= TO DO =
Take the lines below from the first through the one that contains "let msg = outgoing" and copy them exactly.

= RECORDS FOR THIS TASK =
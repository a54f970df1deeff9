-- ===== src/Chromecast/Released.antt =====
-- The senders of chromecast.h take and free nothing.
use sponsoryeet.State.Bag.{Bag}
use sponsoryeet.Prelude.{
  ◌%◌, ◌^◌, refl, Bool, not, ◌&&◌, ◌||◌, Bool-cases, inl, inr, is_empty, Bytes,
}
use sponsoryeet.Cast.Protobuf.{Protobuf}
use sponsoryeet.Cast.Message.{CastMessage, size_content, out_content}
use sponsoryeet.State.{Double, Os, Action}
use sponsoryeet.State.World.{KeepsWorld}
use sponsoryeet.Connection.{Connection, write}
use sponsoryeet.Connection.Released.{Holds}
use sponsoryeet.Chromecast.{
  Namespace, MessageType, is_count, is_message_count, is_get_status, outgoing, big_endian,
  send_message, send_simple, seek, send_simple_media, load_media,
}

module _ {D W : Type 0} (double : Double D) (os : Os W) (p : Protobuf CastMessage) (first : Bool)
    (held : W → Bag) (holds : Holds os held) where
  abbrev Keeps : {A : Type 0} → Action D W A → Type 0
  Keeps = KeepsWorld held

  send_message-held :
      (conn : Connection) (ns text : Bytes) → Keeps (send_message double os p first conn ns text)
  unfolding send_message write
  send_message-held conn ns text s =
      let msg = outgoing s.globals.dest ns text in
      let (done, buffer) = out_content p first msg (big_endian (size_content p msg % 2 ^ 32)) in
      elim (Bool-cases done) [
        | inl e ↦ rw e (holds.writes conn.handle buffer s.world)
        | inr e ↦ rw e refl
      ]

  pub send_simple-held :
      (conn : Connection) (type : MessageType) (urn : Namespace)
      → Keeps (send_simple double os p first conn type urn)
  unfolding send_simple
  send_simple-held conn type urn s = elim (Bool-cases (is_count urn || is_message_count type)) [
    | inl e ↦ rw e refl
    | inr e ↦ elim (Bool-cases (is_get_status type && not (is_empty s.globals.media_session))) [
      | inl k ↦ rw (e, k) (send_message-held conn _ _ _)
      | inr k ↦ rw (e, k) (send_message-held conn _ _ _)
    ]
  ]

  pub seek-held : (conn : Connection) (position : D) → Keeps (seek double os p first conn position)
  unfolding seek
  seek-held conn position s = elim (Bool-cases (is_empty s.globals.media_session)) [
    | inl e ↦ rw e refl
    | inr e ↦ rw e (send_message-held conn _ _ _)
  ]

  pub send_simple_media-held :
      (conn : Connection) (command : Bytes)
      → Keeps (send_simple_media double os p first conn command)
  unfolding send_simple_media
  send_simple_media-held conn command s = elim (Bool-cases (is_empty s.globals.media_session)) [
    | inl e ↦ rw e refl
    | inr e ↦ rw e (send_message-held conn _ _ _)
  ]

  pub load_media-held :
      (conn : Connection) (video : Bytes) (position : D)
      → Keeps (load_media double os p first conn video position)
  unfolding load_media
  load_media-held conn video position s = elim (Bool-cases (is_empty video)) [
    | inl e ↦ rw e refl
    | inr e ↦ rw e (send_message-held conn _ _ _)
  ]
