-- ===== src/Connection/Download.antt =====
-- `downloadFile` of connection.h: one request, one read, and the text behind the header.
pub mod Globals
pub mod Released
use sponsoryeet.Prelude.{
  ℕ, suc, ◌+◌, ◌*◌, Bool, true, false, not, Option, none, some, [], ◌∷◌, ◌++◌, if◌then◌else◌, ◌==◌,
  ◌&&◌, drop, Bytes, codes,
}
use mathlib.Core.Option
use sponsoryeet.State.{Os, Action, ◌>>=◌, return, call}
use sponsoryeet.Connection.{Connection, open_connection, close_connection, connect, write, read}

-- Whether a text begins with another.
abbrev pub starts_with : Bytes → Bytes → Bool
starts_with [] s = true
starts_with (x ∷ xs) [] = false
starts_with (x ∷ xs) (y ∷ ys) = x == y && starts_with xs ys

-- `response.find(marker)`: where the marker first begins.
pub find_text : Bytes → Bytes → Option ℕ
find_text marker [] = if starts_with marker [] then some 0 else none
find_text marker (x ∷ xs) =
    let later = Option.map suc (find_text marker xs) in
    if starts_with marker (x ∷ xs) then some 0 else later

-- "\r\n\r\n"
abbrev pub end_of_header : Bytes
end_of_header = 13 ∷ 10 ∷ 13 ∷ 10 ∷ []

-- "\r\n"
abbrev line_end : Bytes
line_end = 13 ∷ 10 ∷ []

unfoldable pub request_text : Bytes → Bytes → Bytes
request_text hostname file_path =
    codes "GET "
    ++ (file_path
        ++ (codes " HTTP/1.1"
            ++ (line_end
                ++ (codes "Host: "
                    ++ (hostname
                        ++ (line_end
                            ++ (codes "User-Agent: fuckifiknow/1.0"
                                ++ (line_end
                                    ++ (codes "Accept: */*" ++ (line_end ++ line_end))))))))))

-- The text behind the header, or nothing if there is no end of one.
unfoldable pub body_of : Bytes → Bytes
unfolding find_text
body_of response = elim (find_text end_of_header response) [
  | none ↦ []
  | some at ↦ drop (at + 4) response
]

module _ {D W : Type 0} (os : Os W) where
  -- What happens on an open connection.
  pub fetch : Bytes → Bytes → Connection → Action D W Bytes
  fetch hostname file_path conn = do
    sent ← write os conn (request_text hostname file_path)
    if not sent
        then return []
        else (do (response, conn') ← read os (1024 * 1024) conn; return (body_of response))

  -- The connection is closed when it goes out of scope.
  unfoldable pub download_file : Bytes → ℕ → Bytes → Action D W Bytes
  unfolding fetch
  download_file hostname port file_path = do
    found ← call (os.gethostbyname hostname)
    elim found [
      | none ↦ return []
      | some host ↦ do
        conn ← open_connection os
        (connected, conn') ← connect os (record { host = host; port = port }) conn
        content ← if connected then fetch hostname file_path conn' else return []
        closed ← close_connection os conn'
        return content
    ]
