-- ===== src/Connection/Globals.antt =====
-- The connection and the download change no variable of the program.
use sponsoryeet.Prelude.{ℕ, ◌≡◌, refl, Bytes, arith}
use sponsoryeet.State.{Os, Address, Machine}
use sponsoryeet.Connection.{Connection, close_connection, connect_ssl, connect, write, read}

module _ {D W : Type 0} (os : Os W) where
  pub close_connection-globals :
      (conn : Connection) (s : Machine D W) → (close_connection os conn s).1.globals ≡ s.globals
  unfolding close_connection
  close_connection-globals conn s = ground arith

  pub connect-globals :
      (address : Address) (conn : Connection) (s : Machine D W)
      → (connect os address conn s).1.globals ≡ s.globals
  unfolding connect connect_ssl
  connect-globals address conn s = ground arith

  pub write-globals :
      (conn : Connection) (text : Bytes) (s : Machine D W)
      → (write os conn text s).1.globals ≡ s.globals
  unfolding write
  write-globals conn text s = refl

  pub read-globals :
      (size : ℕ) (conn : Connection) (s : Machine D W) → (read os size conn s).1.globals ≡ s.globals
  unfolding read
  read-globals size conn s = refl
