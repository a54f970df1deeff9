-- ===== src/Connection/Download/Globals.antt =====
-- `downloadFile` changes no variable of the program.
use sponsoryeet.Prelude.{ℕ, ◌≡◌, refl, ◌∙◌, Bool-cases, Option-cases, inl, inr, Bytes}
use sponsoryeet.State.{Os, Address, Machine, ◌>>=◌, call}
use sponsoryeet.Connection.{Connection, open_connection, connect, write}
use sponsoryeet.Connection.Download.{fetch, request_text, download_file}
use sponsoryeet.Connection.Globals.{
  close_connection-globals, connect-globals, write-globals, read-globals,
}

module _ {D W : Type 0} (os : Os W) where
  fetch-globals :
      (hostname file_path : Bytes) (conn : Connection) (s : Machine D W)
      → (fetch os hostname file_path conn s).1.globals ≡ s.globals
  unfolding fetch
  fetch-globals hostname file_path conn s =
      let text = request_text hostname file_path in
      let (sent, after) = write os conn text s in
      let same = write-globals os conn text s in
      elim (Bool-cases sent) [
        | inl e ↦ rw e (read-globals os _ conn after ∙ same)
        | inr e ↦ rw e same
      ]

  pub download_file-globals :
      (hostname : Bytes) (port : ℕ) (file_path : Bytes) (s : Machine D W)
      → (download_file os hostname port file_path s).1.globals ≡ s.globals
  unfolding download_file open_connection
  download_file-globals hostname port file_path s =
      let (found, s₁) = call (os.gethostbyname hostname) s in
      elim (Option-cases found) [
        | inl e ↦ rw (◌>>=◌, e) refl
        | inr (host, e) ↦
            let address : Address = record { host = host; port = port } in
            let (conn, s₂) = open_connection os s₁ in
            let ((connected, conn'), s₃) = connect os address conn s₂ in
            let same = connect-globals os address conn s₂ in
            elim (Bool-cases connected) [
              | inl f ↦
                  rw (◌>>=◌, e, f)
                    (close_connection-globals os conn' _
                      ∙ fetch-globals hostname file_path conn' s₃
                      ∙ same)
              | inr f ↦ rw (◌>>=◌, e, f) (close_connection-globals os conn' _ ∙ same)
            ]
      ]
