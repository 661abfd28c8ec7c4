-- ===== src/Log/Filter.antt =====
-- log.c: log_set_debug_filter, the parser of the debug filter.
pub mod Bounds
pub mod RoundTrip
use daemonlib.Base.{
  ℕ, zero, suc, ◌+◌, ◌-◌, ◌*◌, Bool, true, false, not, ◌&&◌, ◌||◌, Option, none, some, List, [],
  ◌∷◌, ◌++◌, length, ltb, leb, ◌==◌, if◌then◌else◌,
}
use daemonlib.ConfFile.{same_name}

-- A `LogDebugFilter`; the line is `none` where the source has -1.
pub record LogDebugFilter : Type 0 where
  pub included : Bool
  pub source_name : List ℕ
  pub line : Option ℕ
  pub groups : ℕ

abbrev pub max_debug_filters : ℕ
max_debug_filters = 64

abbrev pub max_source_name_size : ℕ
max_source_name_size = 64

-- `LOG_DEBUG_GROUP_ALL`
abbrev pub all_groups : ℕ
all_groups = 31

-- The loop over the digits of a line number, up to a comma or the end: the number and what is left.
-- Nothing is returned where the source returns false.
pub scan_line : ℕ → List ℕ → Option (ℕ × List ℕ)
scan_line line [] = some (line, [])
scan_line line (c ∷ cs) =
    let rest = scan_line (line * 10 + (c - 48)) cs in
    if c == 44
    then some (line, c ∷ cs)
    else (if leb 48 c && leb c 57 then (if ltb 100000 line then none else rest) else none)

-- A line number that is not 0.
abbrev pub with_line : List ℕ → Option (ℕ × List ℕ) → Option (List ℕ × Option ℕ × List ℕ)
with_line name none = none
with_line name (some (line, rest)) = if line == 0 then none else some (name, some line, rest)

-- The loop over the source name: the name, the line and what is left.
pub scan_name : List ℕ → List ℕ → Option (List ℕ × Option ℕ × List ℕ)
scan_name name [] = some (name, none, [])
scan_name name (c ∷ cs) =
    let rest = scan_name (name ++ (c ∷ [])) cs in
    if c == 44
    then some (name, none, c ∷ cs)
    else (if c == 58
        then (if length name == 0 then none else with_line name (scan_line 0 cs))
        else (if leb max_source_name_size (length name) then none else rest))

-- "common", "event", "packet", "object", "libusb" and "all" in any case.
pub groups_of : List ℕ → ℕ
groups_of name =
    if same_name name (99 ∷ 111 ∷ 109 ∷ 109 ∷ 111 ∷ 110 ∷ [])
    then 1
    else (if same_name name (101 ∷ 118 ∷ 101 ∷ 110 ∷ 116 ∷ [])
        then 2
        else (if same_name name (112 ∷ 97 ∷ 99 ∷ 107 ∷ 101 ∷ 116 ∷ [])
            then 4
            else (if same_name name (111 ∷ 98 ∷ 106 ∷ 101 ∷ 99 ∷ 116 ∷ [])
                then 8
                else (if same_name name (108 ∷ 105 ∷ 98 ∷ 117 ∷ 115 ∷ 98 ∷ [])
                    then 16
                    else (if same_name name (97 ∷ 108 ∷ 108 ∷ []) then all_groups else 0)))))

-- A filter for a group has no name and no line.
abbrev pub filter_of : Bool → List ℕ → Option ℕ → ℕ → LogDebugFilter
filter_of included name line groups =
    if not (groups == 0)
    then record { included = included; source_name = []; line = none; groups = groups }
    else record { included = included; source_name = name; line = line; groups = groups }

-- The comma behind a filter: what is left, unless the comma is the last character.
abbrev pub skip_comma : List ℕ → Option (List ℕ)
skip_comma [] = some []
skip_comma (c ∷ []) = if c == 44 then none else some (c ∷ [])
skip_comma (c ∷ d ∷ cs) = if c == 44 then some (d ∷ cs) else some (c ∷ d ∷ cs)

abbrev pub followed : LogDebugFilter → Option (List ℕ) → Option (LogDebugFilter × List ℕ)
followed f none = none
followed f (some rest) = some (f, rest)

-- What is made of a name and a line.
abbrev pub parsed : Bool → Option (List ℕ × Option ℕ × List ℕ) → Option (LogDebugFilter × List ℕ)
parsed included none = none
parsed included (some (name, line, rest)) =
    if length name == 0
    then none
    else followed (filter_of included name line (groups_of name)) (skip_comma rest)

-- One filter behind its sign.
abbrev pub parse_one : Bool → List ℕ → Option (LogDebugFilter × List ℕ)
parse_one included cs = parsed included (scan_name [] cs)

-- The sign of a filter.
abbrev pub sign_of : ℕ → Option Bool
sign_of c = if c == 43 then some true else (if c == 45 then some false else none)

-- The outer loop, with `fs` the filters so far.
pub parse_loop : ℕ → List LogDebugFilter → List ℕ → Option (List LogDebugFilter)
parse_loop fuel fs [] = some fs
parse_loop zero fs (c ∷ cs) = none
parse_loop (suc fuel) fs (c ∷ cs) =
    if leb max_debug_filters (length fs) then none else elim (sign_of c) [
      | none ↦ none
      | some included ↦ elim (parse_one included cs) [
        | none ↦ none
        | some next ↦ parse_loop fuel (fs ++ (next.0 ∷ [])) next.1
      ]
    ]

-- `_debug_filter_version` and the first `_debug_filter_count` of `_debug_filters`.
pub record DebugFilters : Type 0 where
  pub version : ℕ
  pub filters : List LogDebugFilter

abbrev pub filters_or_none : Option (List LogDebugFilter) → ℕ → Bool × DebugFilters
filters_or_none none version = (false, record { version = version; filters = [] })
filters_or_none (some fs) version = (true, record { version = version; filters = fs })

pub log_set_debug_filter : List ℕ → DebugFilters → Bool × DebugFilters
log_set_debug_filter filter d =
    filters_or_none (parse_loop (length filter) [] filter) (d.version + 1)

= RESULT OF THIS TASK =
repository a54f970df1deeff9
-- ===== src/Chromecast/Released.antt =====
-- The senders of chromecast.h take and free nothing.
use sponsoryeet.State.Bag.{Bag}
use sponsoryeet.Prelude.{
  ◌%◌, ◌^◌, refl, Bool, not, ◌&&◌, ◌||◌, Bool-cases, inl, inr, is_empty, Bytes,
}
use sponsoryeet.Cast.Protobuf.{Protobuf}
use sponsoryeet.Cast.Message.{CastMessage, size_content, out_content}
use sponsoryeet.State.{Double, Os, Action}
use sponsoryeet.State.World.{KeepsWorld}
use sponsoryeet.Connection.{Connection, write}
use sponsoryeet.Connection.Released.{Holds}
use sponsoryeet.Chromecast.{
  Namespace, MessageType, is_count, is_message_count, is_get_status, outgoing, big_endian,
  send_message, send_simple, seek, send_simple_media, load_media,
}

module _ {D W : Type 0} (double : Double D) (os : Os W) (p : Protobuf CastMessage) (first : Bool)
    (held : W → Bag) (holds : Holds os held) where
  abbrev Keeps : {A : Type 0} → Action D W A → Type 0
  Keeps = KeepsWorld held

  send_message-held :
      (conn : Connection) (ns text : Bytes) → Keeps (send_message double os p first conn ns text)
  unfolding send_message write
  send_message-held conn ns text s =
      let msg = outgoing s.globals.dest ns text in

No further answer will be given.